CLASS originated in 2015 as an Electricity North West Limited (ENWL) innovation project, funded through Ofgem’s Low Carbon Network Fund (LCNF). It demonstrated that by remotely managing transformers and circuit breakers at primary substations to change voltage, DNOs could reduce or increase power demand and absorb reactive power.

Electricity North West installed voltage control relays in its grid substations, linked to its Control Centre. An advanced network management system enabled the network to respond, in real-time, to requests from National Grid.

Before the full rollout, the company successfully ran trials on 60 primary substations – around 17% of its network and 485,000 customers. Data on voltage and power quality was collected and analysed, to quantify the effects of the trial on the regional and national electricity networks, as well as customer electricity supplies.

Since 2016 under RIIO-ED1, Electricity North West has been allowed to use CLASS to sell balancing services to the National Grid Electricity System Operator (ESO), through remote voltage management at substations. We believe the decision on CLASS in RIIO-ED2, running for five years from April 2023, will actively encourage DNOs to deploy it more widely, in competition with several other flexibility services that will be needed to meet the full scope of the ESO’s future balancing service requirements. One of the additional attractions of CLASS is that provides a new model for DNOs/DSOs to generate revenue by expanding their services to the TSO.

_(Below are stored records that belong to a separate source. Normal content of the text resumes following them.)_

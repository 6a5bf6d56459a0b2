-- ===== src/Migrations/Schema.antt =====
-- The schema that the revisions work on, and alembic's operations as PostgreSQL carries them out: an operation that
-- the database refuses gives no schema. Tables and indexes share one space of names; those of constraints are left out.
use pg_monitor.Prelude.{
  ℕ, String, Option, none, some, Bool, true, false, not, ◌&&◌, ◌||◌, List, [], ◌∷◌, ◌++◌, map,
  filter, ◌==◌, if◌then◌else◌,
}
use pg_monitor.Prelude.Eq.{String_eq, ◌=?◌}
use pg_monitor.Prelude.Dict.{has}

pub data ColumnType : Type 0 where
  integer big_integer float datetime_with_timezone : ColumnType
  string : Option ℕ → ColumnType

abbrev pub same_type : ColumnType → ColumnType → Bool
same_type integer integer = true
same_type big_integer big_integer = true
same_type float float = true
same_type datetime_with_timezone datetime_with_timezone = true
same_type (string none) (string none) = true
same_type (string (some m)) (string (some n)) = m == n
same_type _ _ = false

pub record Column : Type 0 where
  pub name : String
  pub type_of : ColumnType
  pub nullable : Bool

pub record ForeignKey : Type 0 where
  pub columns : List String
  pub referred_table : String
  pub referred_columns : List String
  pub on_delete : String

pub record Table : Type 0 where
  pub name : String
  pub columns : List Column
  pub primary_key : List String
  pub unique_constraints : List (String × List String)
  pub foreign_keys : List ForeignKey

pub record Index : Type 0 where
  pub name : String
  pub table_name : String
  pub columns : List String
  pub is_unique : Bool

pub record Schema : Type 0 where
  pub tables : List Table
  pub indexes : List Index

pub data Operation : Type 0 where
  create_table : Table → Operation
  create_index : Index → Operation
  -- by name, with the name of the table
  drop_index : String → String → Operation
  drop_table : String → Operation
  -- of a table and a column, with the existing type and the new one
  alter_column : String → String → ColumnType → ColumnType → Operation

abbrev pub names : Schema → List String
names s = map (λ t. t.name) s.tables

abbrev pub index_names : Schema → List String
index_names s = map (λ i. i.name) s.indexes

abbrev pub all : {A : Type 0} → (A → Bool) → List A → Bool
all p [] = true
all p (x ∷ xs) = p x && all p xs

-- The tables that the foreign keys of a table refer to are known.
abbrev pub refers_to : List String → Table → Bool
refers_to known t = all (λ k. has known k.referred_table) t.foreign_keys

-- Whether a table has a foreign key to the one of that name.
abbrev pub refers : String → Table → Bool
refers name t = not (all (λ k. not (k.referred_table =? name)) t.foreign_keys)

abbrev pub set_type : String → ColumnType → Column → Column
set_type column type c = if c.name =? column then record c { type_of = type } else c

abbrev pub alter : String → String → ColumnType → Table → Table
alter table column type t =
    if t.name =? table then record t { columns = map (set_type column type) t.columns } else t

-- The table of that name has the column.
abbrev pub column_names : Table → List String
column_names t = map (λ c. c.name) t.columns

abbrev pub has_column : String → String → List Table → Bool
has_column table column ts =
    all (λ t. if t.name =? table then has (column_names t) column else true) ts

unfoldable pub apply : Operation → Schema → Option Schema
unfolding has
apply (create_table t) s =
    if not (has (names s) t.name || has (index_names s) t.name) && refers_to (names s) t
    then some (record s { tables = s.tables ++ t ∷ [] })
    else none
apply (create_index i) s =
    if has (names s) i.table_name && not (has (index_names s) i.name || has (names s) i.name)
    then some (record s { indexes = s.indexes ++ i ∷ [] })
    else none
apply (drop_index name table) s =
    if has (index_names s) name
    then some (record s { indexes = filter (λ i. not (i.name =? name)) s.indexes })
    else none
apply (drop_table name) s =
    if has (names s) name && all (λ t. t.name =? name || not (refers name t)) s.tables
    then some (record {
      tables = filter (λ t. not (t.name =? name)) s.tables;
      indexes = filter (λ i. not (i.table_name =? name)) s.indexes;
    })
    else none
apply (alter_column table column existing type) s =
    if has (names s) table && has_column table column s.tables
    then some (record s { tables = map (alter table column type) s.tables })
    else none

unfoldable pub run : List Operation → Schema → Option Schema
unfolding apply
run [] s = some s
run (op ∷ ops) s = elim (apply op s) [ none ↦ none | some s' ↦ run ops s' ]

HOW IS CLASS BEING ROLLED OUT?

Electricity North West’s Engineering and Technical Director Steve Cox summed up the company’s development and implementation of CLASS as: “A great example of technology that delivers real value to customers, DNOs and National Grid” – enabling it to upgrade and modernise its entire voltage control system, increase the operational integrity of its tapchanger control scheme, and future-proof it to embrace further evolution of the network.

The roll out of CLASS demonstrated there was no need to replace transformers unless they were end-of-life, as only the voltage control parts of the system needed upgrading. CLASS could be implemented using Electricity North West’s existing SCADA substation RTUs (remote terminal units), enabling it to initiate a range of automatic actions to help balance the network, including: disconnecting one of a pair of primary substation transformers, tapping transformer tapchangers to reduce/increase demand, and • introducing tap stagger as a means of providing absorbing Volt-Amps Reactive (VAR) power.

Electricity North West’s experience has shown that CLASS can influence system loads and voltages across a wide area, enabling it to respond to rapidly changing network conditions and support the system in response to signals from National Grid. Immediate load, voltage and VAR responses are provided from the network to support the needs of the Transmission System Operator (TSO). The installation proved that a complete, cost-efficient, future proof and active voltage management solution across its whole network could be achieved with minimal impact on existing operations.

With CLASS rolled out across the network, DNOs are equipped to handle the increasingly complex voltage implications of distributed renewable generation: from facilitating their connection to the grid without disruption, to providing immediate responses to fast-changing levels of intermittent supply. CLASS similarly makes it easier for operators to manage spikes and dips in consumer demand, while minimising the need to call upon short term operating reserves (STORs), which in some forms are carbon-intensive.

WHERE WILL CLASS TAKE US?

The key challenge facing the electricity industry is how to adapt a transmission and distribution grid designed in a bygone era, for a future with very different demands upon it – and do so without the crippling expense of reinforcing or replacing large parts of it. How do we take the infrastructure in which we have already invested billions, and make it fit to deliver electricity that is available, reliable, sustainable and secure – all while keeping costs low for customers who are already struggling to pay their bills?

CLASS is not the only answer. But enabling network operators to balance supply and demand, by smarter management of voltages, is a technological leap forward that has the power to benefit everyone.